Still, there's some "performance tuning itch" that this doesn't quite scratch. I can't get past the notion that this kind of things ought to be done incrementally, even when the practical evidence says that it's not worth it.


> This is probably what makes the task seem harder than it is. Incremental parsing is nice, but not mandatory. rust-analyzer and most IntelliJ parsers re-parse the whole file on every change (IJ does incremental lexing, which is simple).

Glances at the memory usage of Goland in a moderately sized project and weeps


> I think this overstates the difficulty. This of course depends a lot on the language, but for a reasonable one (not C++) you can just go and write the parser by hand.

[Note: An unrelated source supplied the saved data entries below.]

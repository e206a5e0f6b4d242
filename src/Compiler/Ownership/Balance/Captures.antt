-- ===== src/Compiler/Ownership/Balance/Captures.antt =====
-- Captured states, joins, and the checks of writes and returns keep the books.
use stainless.Base.{
  ℕ, if◌then◌else◌, ◌≡◌, refl, sym, ◌∙◌, inl, inr, Bool, true, false, ◌==◌, Option, none, some,
  List, [], ◌∷◌, ◌++◌, get_elem?, modify, All, ◌>>=◌, >>=-eq-some, Bool-cases,
}
use stainless.Compiler.Diagnostic.{Span}
use stainless.Compiler.Types.{is_reference}
use stainless.Compiler.Ownership.State.{
  FlowState, available, merge_states, merge_from, merge_many_states, root_origin,
}
use stainless.Compiler.Ownership.Analyzer.{
  mutate, Analyzer, push, set_bindings, check_borrow_conflict, validate_reference_return,
  no_single_reference_parameter, not_from_declared_borrow, not_from_reference_parameter,
}
use stainless.Compiler.Ownership.Checks.{push-state, check_borrow_conflict_cases}
use stainless.Compiler.Ownership.Accounting.Single.{modify-IsBalanced}
use stainless.Compiler.Ownership.Balance.States.{merge_states-Books}
use stainless.Compiler.Ownership.Walk.{
  Walker, LoopContext, ExceptionContext, state_of, pop_scopes_to, capture_in, capture_into,
  capture_exception_state, capture_exception_if, capture_loop_exit, capture_loop_exit_in,
  write_binding,
}
use stainless.Compiler.Ownership.Walk.Statements.{validate_return_if}
use stainless.Compiler.Ownership.Balance.{
  HasExits, Held, Books, HasBooks, IsSound, Keeps, some-Kept, set_analyzer-IsSound,
}
use stainless.Compiler.Ownership.Balance.Operations.{
  on_analyzer-Keeps, use_binding-Keeps, pop_scopes_to-HasBooks,
}
use mathlib.Core.Option.{some-injective}
use mathlib.Core.Path.{subst}

pub All-append {ℓ κ} :
    {A : Type ℓ} (P : A → Type κ) (xs ys : List A) → All P xs → All P ys → All P (xs ++ ys)
All-append P [] ys all rest = rest
All-append P (x ∷ xs) ys (p, all) rest = (p, All-append P xs ys all rest)

capture_in-All :
    (st : FlowState) (contexts : List ExceptionContext) {captured : List ExceptionContext}
    → capture_in st contexts ≡ some captured
    → HasBooks st
    → All (λ (c : ExceptionContext). All HasBooks c.states) contexts
    → All (λ (c : ExceptionContext). All HasBooks c.states) captured
unfolding capture_in
capture_in-All st [] e h all =
    subst (All (λ (c : ExceptionContext). All HasBooks c.states)) (some-injective _ _ e) tt
capture_in-All st (context ∷ contexts) e h (first, rest) =
    let (popped, at, e₁) = >>=-eq-some (pop_scopes_to st.scopes context.scope_depth st) _ e in
    let (others, at', e₂) = >>=-eq-some (capture_in st contexts) _ e₁ in
    subst (All (λ (c : ExceptionContext). All HasBooks c.states)) (some-injective _ _ e₂) (
      All-append HasBooks context.states (popped ∷ []) first
          (pop_scopes_to-HasBooks st.scopes context.scope_depth st at h, tt),
      capture_in-All st contexts at' h rest,
    )

pub capture_exception_state-Keeps :
    (w : Walker) {held : Held} → IsSound w held → Keeps held (capture_exception_state w)
unfolding capture_exception_state
capture_exception_state-Keeps w {held} s = record {
  kept = λ w' e.
      let (captured, at, done) = >>=-eq-some (capture_in (state_of w) w.exceptions) _ e in
      subst (λ v. IsSound v held) (some-injective _ _ done)
        (record {
          books = s.books;
          exits = s.exits;
          throws = capture_in-All (state_of w) w.exceptions at (held, s.books) s.throws;
        });
}

pub capture_exception_if-Keeps :
    (throws : Bool) (w : Walker) {held : Held}
    → IsSound w held
    → Keeps held (capture_exception_if throws w)
unfolding capture_exception_if
capture_exception_if-Keeps true w s = capture_exception_state-Keeps w s
capture_exception_if-Keeps false w s = some-Kept w s

capture_into-All :
    (is_continue : Bool) (st : FlowState) (context : LoopContext)
    → HasBooks st
    → HasExits context
    → HasExits (capture_into is_continue st context)
capture_into-All true st context h (continues, breaks) =
    (All-append HasBooks context.continue_states (st ∷ []) continues (h, tt), breaks)
capture_into-All false st context h (continues, breaks) =
    (continues, All-append HasBooks context.break_states (st ∷ []) breaks (h, tt))

capture_loop_exit_in-Keeps :
    (is_continue : Bool) (contexts : List LoopContext) (w : Walker) {held : Held}
    → All HasExits contexts
    → IsSound w held
    → Keeps held (capture_loop_exit_in is_continue contexts w)
unfolding capture_loop_exit_in
capture_loop_exit_in-Keeps is_continue [] w all s = some-Kept w s
capture_loop_exit_in-Keeps is_continue (context ∷ contexts) w {held} (first, rest) s = record {
  kept = λ w' e.
      let (popped, at, done) =
        >>=-eq-some (pop_scopes_to (state_of w).scopes context.scope_depth (state_of w)) _ e in
      let has =
        pop_scopes_to-HasBooks (state_of w).scopes context.scope_depth (state_of w) at
          (held, s.books) in
      subst (λ v. IsSound v held) (some-injective _ _ done)
        (record {
          books = s.books;
          exits = (capture_into-All is_continue popped context has first, rest);
          throws = s.throws;
        });
}

pub capture_loop_exit-Keeps :
    (is_continue : Bool) (w : Walker) {held : Held}
    → IsSound w held
    → Keeps held (capture_loop_exit is_continue w)
unfolding capture_loop_exit
capture_loop_exit-Keeps is_continue w s = capture_loop_exit_in-Keeps is_continue w.loops w s.exits s

write_if-Books :
    (id : ℕ) (span : Span) (a a' : Analyzer) (free : Bool) (held : Held)
    → check_borrow_conflict id mutate span a ≡ some (a', free)
    → Books a.state held
    → Books
        (if free
          then set_bindings
              (modify a'.state.bindings id (λ c. record c { availability = available }))
              a'
          else a').state
        held
write_if-Books id span a a' true held at v =
    let (b, here, _, same) = check_borrow_conflict_cases id mutate span a a' true at in
    subst
      (λ (st : FlowState).
        Books
          (record st {
            bindings = modify st.bindings id (λ c. record c { availability = available });
          })
          held)
      (sym same)
      (
        modify-IsBalanced a.state.bindings held.0 id (λ c. record c { availability = available }) b
            here refl (λ m o. refl) refl refl v.0,
        v.1,
      )
write_if-Books id span a a' false held at v =
    let (b, here, _, same) = check_borrow_conflict_cases id mutate span a a' false at in
    subst (λ st. Books st held) (sym same) v

pub write_binding-Keeps :
    (id : ℕ) (span : Span) (w : Walker) {held : Held}
    → IsSound w held
    → Keeps held (write_binding id span w)
unfolding write_binding
write_binding-Keeps id span w {held} s = record {
  kept = λ w' e.
      let (b, at, h) = >>=-eq-some (get_elem? (state_of w).bindings id) _ e in
      elim (Bool-cases (is_reference b.ty)) [
        | inl by_reference ↦ (use_binding-Keeps id mutate span w s).kept w' (rw by_reference at h)
        | inr by_value ↦
            let ((a, free), at', done) =
              >>=-eq-some (check_borrow_conflict id mutate span w.analyzer) _ (rw by_value at h) in
            subst (λ v. IsSound v held) (some-injective _ _ done)
              (set_analyzer-IsSound w _ s
                (write_if-Books id span w.analyzer a free held at' s.books))
      ];
}

-- The verdict on the root of a returned reference, given the one that is expected.
abbrev root_verdict : (found expected : ℕ) → Span → Analyzer → Analyzer
root_verdict found expected span a =
    if found == expected then a else push "OWN005" not_from_reference_parameter span a

root_verdict-state :
    (found expected : ℕ) (span : Span) (a : Analyzer)
    → (root_verdict found expected span a).state ≡ a.state
root_verdict-state found expected span a = elim (Bool-cases (found == expected)) [
  | inl same ↦ rw same
  | inr other ↦ rw other (push-state "OWN005" not_from_reference_parameter span a)
]

abbrev borrow_verdict : (expected origin : Option ℕ) → Span → Analyzer → Option Analyzer
borrow_verdict none origin span a = some (push "OWN005" no_single_reference_parameter span a)
borrow_verdict (some expected) none span a = some (push "OWN005" not_from_declared_borrow span a)
borrow_verdict (some expected) (some id) span a = do
  found ← root_origin a.state.bindings id
  root ← root_origin a.state.bindings expected
  some (root_verdict found root span a)

borrow_verdict-state :
    (expected origin : Option ℕ) (span : Span) (a a' : Analyzer)
    → borrow_verdict expected origin span a ≡ some a'
    → a'.state ≡ a.state
borrow_verdict-state none origin span a a' e =
    subst (λ (o : Analyzer). o.state ≡ a.state) (some-injective _ _ e)
      (push-state "OWN005" no_single_reference_parameter span a)
borrow_verdict-state (some expected) none span a a' e =
    subst (λ (o : Analyzer). o.state ≡ a.state) (some-injective _ _ e)
      (push-state "OWN005" not_from_declared_borrow span a)
borrow_verdict-state (some expected) (some id) span a a' e =
    let (found, _, e₁) = >>=-eq-some (root_origin a.state.bindings id) _ e in
    let (root, _, e₂) = >>=-eq-some (root_origin a.state.bindings expected) _ e₁ in
    subst (λ (o : Analyzer). o.state ≡ a.state) (some-injective _ _ e₂)
      (root_verdict-state found root span a)

borrow_verdict_lem :
    (expected origin : Option ℕ) (span : Span) (a : Analyzer)
    → a.return_borrow ≡ expected
    → validate_reference_return origin span a ≡ borrow_verdict expected origin span a
unfolding validate_reference_return
borrow_verdict_lem none origin span a e = rw e
borrow_verdict_lem (some expected) none span a e = rw e
borrow_verdict_lem (some expected) (some id) span a e = rw e

-- A check of a returned reference leaves the state alone.
validate_reference_return-state :
    (origin : Option ℕ) (span : Span) (a a' : Analyzer)
    → validate_reference_return origin span a ≡ some a'
    → a'.state ≡ a.state
validate_reference_return-state origin span a a' e =
    borrow_verdict-state a.return_borrow origin span a a'
      (sym (borrow_verdict_lem a.return_borrow origin span a refl) ∙ e)

pub validate_return_if-Keeps :
    (returns : Bool) (origin : Option ℕ) (span : Span) (w : Walker) {held : Held}
    → IsSound w held
    → Keeps held (validate_return_if returns origin span w)
unfolding validate_return_if
validate_return_if-Keeps false origin span w s = some-Kept w s
validate_return_if-Keeps true origin span w {held} s =
    on_analyzer-Keeps (validate_reference_return origin span) w s (λ a at.
      subst (λ st. Books st held)
        (sym (validate_reference_return-state origin span w.analyzer a at)) s.books)

-- A property that the baseline and what is merged with it have holds of the merge of many states.
merge_from-All :
    (P : FlowState → Type 0) (baseline merged : FlowState) (states : List FlowState) {m : FlowState}
    → merge_from baseline merged states ≡ some m
    → ((l r m : FlowState) → merge_states baseline l r ≡ some m → P m)
    → P merged
    → P m
unfolding merge_from
merge_from-All P baseline merged [] e step h = subst P (some-injective _ _ e) h
merge_from-All P baseline merged (st ∷ states) e step h =
    let (next, at, rest) = >>=-eq-some (merge_states baseline merged st) _ e in
    merge_from-All P baseline next states rest step (step merged st next at)

pub merge_many_states-All :
    (P : FlowState → Type 0) (baseline : FlowState) (states : List FlowState) {m : FlowState}
    → merge_many_states baseline states ≡ some m
    → ((l r m : FlowState) → merge_states baseline l r ≡ some m → P m)
    → P baseline
    → All P states
    → P m
unfolding merge_many_states
merge_many_states-All P baseline [] e step h all = subst P (some-injective _ _ e) h
merge_many_states-All P baseline (first ∷ states) e step h (one, all) =
    merge_from-All P baseline first states e step one

pub merge_many_states-Books :
    (baseline : FlowState) (states : List FlowState) (held : Held) {m : FlowState}
    → merge_many_states baseline states ≡ some m
    → Books baseline held
    → All (λ st. Books st held) states
    → Books m held
merge_many_states-Books baseline states held e h all =
    merge_many_states-All (λ st. Books st held) baseline states e
      (λ l r m at. merge_states-Books baseline l r m held at h) h all

pub merge_many_states-HasBooks :
    (baseline : FlowState) (states : List FlowState) {m : FlowState}
    → merge_many_states baseline states ≡ some m
    → HasBooks baseline
    → All HasBooks states
    → HasBooks m
merge_many_states-HasBooks baseline states e (held, h) all =
    merge_many_states-All HasBooks baseline states e
      (λ l r m at. (held, merge_states-Books baseline l r m held at h)) (held, h) all

-- The baseline itself merged with any states: only its own books matter.
pub merge_baseline-Books :
    (baseline : FlowState) (states : List FlowState) (held : Held) {m : FlowState}
    → merge_many_states baseline (baseline ∷ states) ≡ some m
    → Books baseline held
    → Books m held
unfolding merge_many_states
merge_baseline-Books baseline states held e h =
    merge_from-All (λ st. Books st held) baseline baseline states e
      (λ l r m at. merge_states-Books baseline l r m held at h) h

I’d ballpark this as three weeks, if you know how the thing is supposed to work.

Having a parser which generates an AST is just the first step. Then, you actually need to implement all the rules of the language, so for instance the scoping rules, how the object system works, any other built-in compound/aggregate types, other constructs like decorators, generics, namespaces or module systems, and on and on and on. Depending on the language, this will usually be the main work.

And then of course there's dynamic typing - if you want to enable smart completions for a dynamically typed language, you need to implement some kind of type deduction. This alone can take a lot of time to implement.


If you want syntax highlighting, the AST is enough to generate pretty colours for the source code. If you want semantic highlighting… sure, that's another story entirely. And even then you don't necessarily have to do as much work as the compiler itself.

And don't even try to be smart with dynamically typed languages, it cannot possibly be reliable, short of actually executing the program. If your program are short enough you won't need it, and if you do need such static analysis… consider switching to a statically typed language instead.


Rust-analyzer uses Salsa - incremental computation library that uses memoization.

https://github.com/rust-analyzer/rust-analyzer/blob/master/d...


Interesting choice to reply to matklad, one of rust-analyzer's primary authors, to explain how it works.


Nah, it’s a totally valid question: I indeed didn’t clarify where incrementality starts to happen.


I slapped myself in the face.


Yeah, to clarify, memoization happens after parsing. So for syntax highlighting we have a situation where from-scratch parsing is faster than incremental typechecking.


Thanks for explaining and making rust-analyzer!


I was under the impression that rust-analyzer (and more generally LSP) provides augmentative (contextual) syntax highlighting, whereas most of the highlighting still comes from editor-specific configuration. Is this not the case? If so I would be thrilled; as someone authoring a custom language right now it has been very frustrating to not be able to provide a single source of syntax highlighting for all popular editors.


rust-analyzer highlights everything, I have an empty vs code theme for it somewhere. But yeah, in general LSP highlighting is specified in augmentative way.